(Stored data entries)
==*==

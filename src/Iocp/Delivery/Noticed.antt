-- ===== src/Iocp/Delivery/Noticed.antt =====
-- What could not be posted is not forgotten.
use jnet_lib.Base.{
  ℕ, zero, suc, ◌+◌, ◌-◌, ◌%◌, ◌^◌, ◌<◌, ◌≤◌, ◌≡◌, ◌⊎◌, inl, inr, refl, sym, subst, Bool, true,
  false, Bool-cases, Option, none, some, List, [], ◌∷◌, ◌++◌, length, update, ◌==◌, arith,
  if◌then◌else◌,
}
use jnet_lib.Iocp.{
  Result, Packet, from_kernel, contains_result, interrupt, wake_for_dispatch, Service, new_service,
  stop, work_started, work_finished, post_packet, post_deferred_completion, on_completion,
  begin_overlapped, begin_completed, begin_posted, acquire_dispatch, dispatch_completed,
  post_deferred_completions, take_interrupt, take_packet, claim, end_overlapped, on_pending, finish,
  Step, begins, fails, posts, kernel, returns, takes, claims, finishes, acquires, dispatches, stops,
  Steps, here, next,
}
use jnet_lib.Iocp.Delivery.{result_in, result_in-append, count}

-- If operations are in `completed_ops_`, `dispatch_required_` is set, or a thread has cleared it and comes to them.
abbrev pub IsNoticed : Service → Type 0
IsNoticed s = (s.completed_ops ≡ []) ⊎ ((s.dispatch_required ≡ true) ⊎ (0 < s.dispatchers))

post_packet-IsNoticed :
    (ok : Bool) (k : ℕ) (s : Service) → IsNoticed s → IsNoticed (post_packet ok k s)
post_packet-IsNoticed true k s n = n
post_packet-IsNoticed false k s n = inr (inl refl)

pending-IsNoticed : (ok : Bool) (k : ℕ) (s : Service) → IsNoticed s → IsNoticed (on_pending ok k s)
unfolding on_pending
pending-IsNoticed ok k s n = elim (Bool-cases (s.ready k)) [
  | inl e ↦ rw e (post_packet-IsNoticed ok k s n)
  | inr e ↦ rw e n
]

deferred-IsNoticed :
    (i : ℕ) (ks : List ℕ) (s : Service) → IsNoticed s → IsNoticed (post_deferred_completions i ks s)
unfolding post_deferred_completions
deferred-IsNoticed i [] s n = n
deferred-IsNoticed zero (k ∷ ks) s n = inr (inl refl)
deferred-IsNoticed (suc i) (k ∷ ks) s n =
    deferred-IsNoticed i ks
      (record s { ready = update s.ready k true; port = s.port ++ (contains_result k ∷ []) }) n

stop-IsNoticed : (error : Option ℕ) (s : Service) → IsNoticed s → IsNoticed (stop error s).0
unfolding stop
stop-IsNoticed none s n = elim (Bool-cases s.stopped) [ inl e ↦ rw e n | inr e ↦ rw e n ]
stop-IsNoticed (some k) s n = elim (Bool-cases s.stopped) [ inl e ↦ rw e n | inr e ↦ rw e n ]

work_finished-IsNoticed :
    (error : Option ℕ) (s : Service) → IsNoticed s → IsNoticed (work_finished error s)
unfolding work_finished
work_finished-IsNoticed error s n =
    let s' = record s { outstanding_work = (s.outstanding_work + 2 ^ 32 - 1) % 2 ^ 32 } in
    elim (Bool-cases (s'.outstanding_work == 0)) [
      | inl e ↦ rw e (stop-IsNoticed error s' n)
      | inr e ↦ rw e n
    ]

take-IsNoticed :
    (error : Option ℕ) (p : Packet) (ps : List Packet) (s : Service)
    → IsNoticed s
    → IsNoticed (take_packet error p ps s).0
unfolding take_packet take_interrupt
take-IsNoticed error (from_kernel k) ps s n = n
take-IsNoticed error (contains_result k) ps s n = n
take-IsNoticed error wake_for_dispatch ps s n = n
take-IsNoticed none interrupt ps s n = elim (Bool-cases s.stopped) [
  | inl e ↦ rw e n
  | inr e ↦ rw e n
]
take-IsNoticed (some k) interrupt ps s n = elim (Bool-cases s.stopped) [
  | inl e ↦ rw e n
  | inr e ↦ rw e n
]

claim-IsNoticed :
    (k : ℕ) (r : Result) (rest : List Result) (s : Service)
    → IsNoticed s
    → IsNoticed (claim k r rest s)
unfolding claim
claim-IsNoticed k r rest s n = elim (Bool-cases (s.ready k)) [ inl e ↦ rw e n | inr e ↦ rw e n ]

acquire-IsNoticed : (s : Service) → IsNoticed s → IsNoticed (acquire_dispatch s)
unfolding acquire_dispatch
acquire-IsNoticed s n = elim (Bool-cases s.dispatch_required) [
  | inl e ↦ subst (λ b. IsNoticed (if b then dispatching else s)) (sym e) (inr (inr (omega arith)))
  | inr e ↦ subst (λ b. IsNoticed (if b then dispatching else s)) (sym e) n
]
  where
    dispatching : Service
    dispatching = record s { dispatch_required = false; dispatchers = s.dispatchers + 1 }

Step-IsNoticed : {s s' : Service} → Step s s' → IsNoticed s → IsNoticed s'
unfolding begin_overlapped begin_completed begin_posted on_completion post_deferred_completion
    work_started end_overlapped finish dispatch_completed
Step-IsNoticed {s} (begins k r e) n = n
Step-IsNoticed {s} (fails ok k r e) n = post_packet-IsNoticed ok k _ n
Step-IsNoticed {s} (posts ok k e) n = post_packet-IsNoticed ok k _ n
Step-IsNoticed {s} (kernel k e) n = n
Step-IsNoticed {s} (returns ok k e) n =
    pending-IsNoticed ok k (record s { starting = update s.starting k false }) n
Step-IsNoticed {s} (takes error p ps e) n = take-IsNoticed error p ps s n
Step-IsNoticed {s} (claims k r rest e) n = claim-IsNoticed k r rest s n
Step-IsNoticed {s} (finishes error l) n =
    work_finished-IsNoticed error (record s { finishing = s.finishing - 1 }) n
Step-IsNoticed {s} acquires n = acquire-IsNoticed s n
Step-IsNoticed {s} (dispatches i l) n =
    deferred-IsNoticed i s.completed_ops
      (record s { completed_ops = []; dispatchers = s.dispatchers - 1 }) (inl refl)
Step-IsNoticed {s} (stops error) n = stop-IsNoticed error s n

pub Steps-IsNoticed : (b : Bool) {s : Service} → Steps (new_service b) s → IsNoticed s
unfolding new_service
Steps-IsNoticed b here = inl refl
Steps-IsNoticed b (next h a) = Step-IsNoticed a (Steps-IsNoticed b h)

-- A dispatch that can post enough puts every result of the list into the port.
pub deferred_in :
    (k i : ℕ) (ks : List ℕ) (s : Service)
    → length ks ≤ i
    → result_in k (post_deferred_completions i ks s).port ≡ result_in k s.port + count k ks
unfolding post_deferred_completions
deferred_in k i [] s l = omega arith
deferred_in k zero (j ∷ ks) s l = absurd (omega (arith, l))
deferred_in k (suc i) (j ∷ ks) s l =
    let s' = record s {
      ready = update s.ready j true;
      port = s.port ++ (contains_result j ∷ []);
    } in
    omega (
      arith,
      deferred_in k i ks s' (omega (arith, l)),
      result_in-append k s.port (contains_result j ∷ []),
    )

==*==

#### [ABOUT THIS TASK]
Taking the entries above, print exactly the lines starting at the line with "unfolding take_packet take_interrupt" and ending at the line with "s → IsNoticed s'", both included.

#### [EXERCISE SOLUTION]
unfolding take_packet take_interrupt
take-IsNoticed error (from_kernel k) ps s n = n
take-IsNoticed error (contains_result k) ps s n = n
take-IsNoticed error wake_for_dispatch ps s n = n
take-IsNoticed none interrupt ps s n = elim (Bool-cases s.stopped) [
  | inl e ↦ rw e n
  | inr e ↦ rw e n
]
take-IsNoticed (some k) interrupt ps s n = elim (Bool-cases s.stopped) [
  | inl e ↦ rw e n
  | inr e ↦ rw e n
]

claim-IsNoticed :
    (k : ℕ) (r : Result) (rest : List Result) (s : Service)
    → IsNoticed s
    → IsNoticed (claim k r rest s)
unfolding claim
claim-IsNoticed k r rest s n = elim (Bool-cases (s.ready k)) [ inl e ↦ rw e n | inr e ↦ rw e n ]

acquire-IsNoticed : (s : Service) → IsNoticed s → IsNoticed (acquire_dispatch s)
unfolding acquire_dispatch
acquire-IsNoticed s n = elim (Bool-cases s.dispatch_required) [
  | inl e ↦ subst (λ b. IsNoticed (if b then dispatching else s)) (sym e) (inr (inr (omega arith)))
  | inr e ↦ subst (λ b. IsNoticed (if b then dispatching else s)) (sym e) n
]
  where
    dispatching : Service
    dispatching = record s { dispatch_required = false; dispatchers = s.dispatchers + 1 }

Step-IsNoticed : {s s' : Service} → Step s s' → IsNoticed s → IsNoticed s'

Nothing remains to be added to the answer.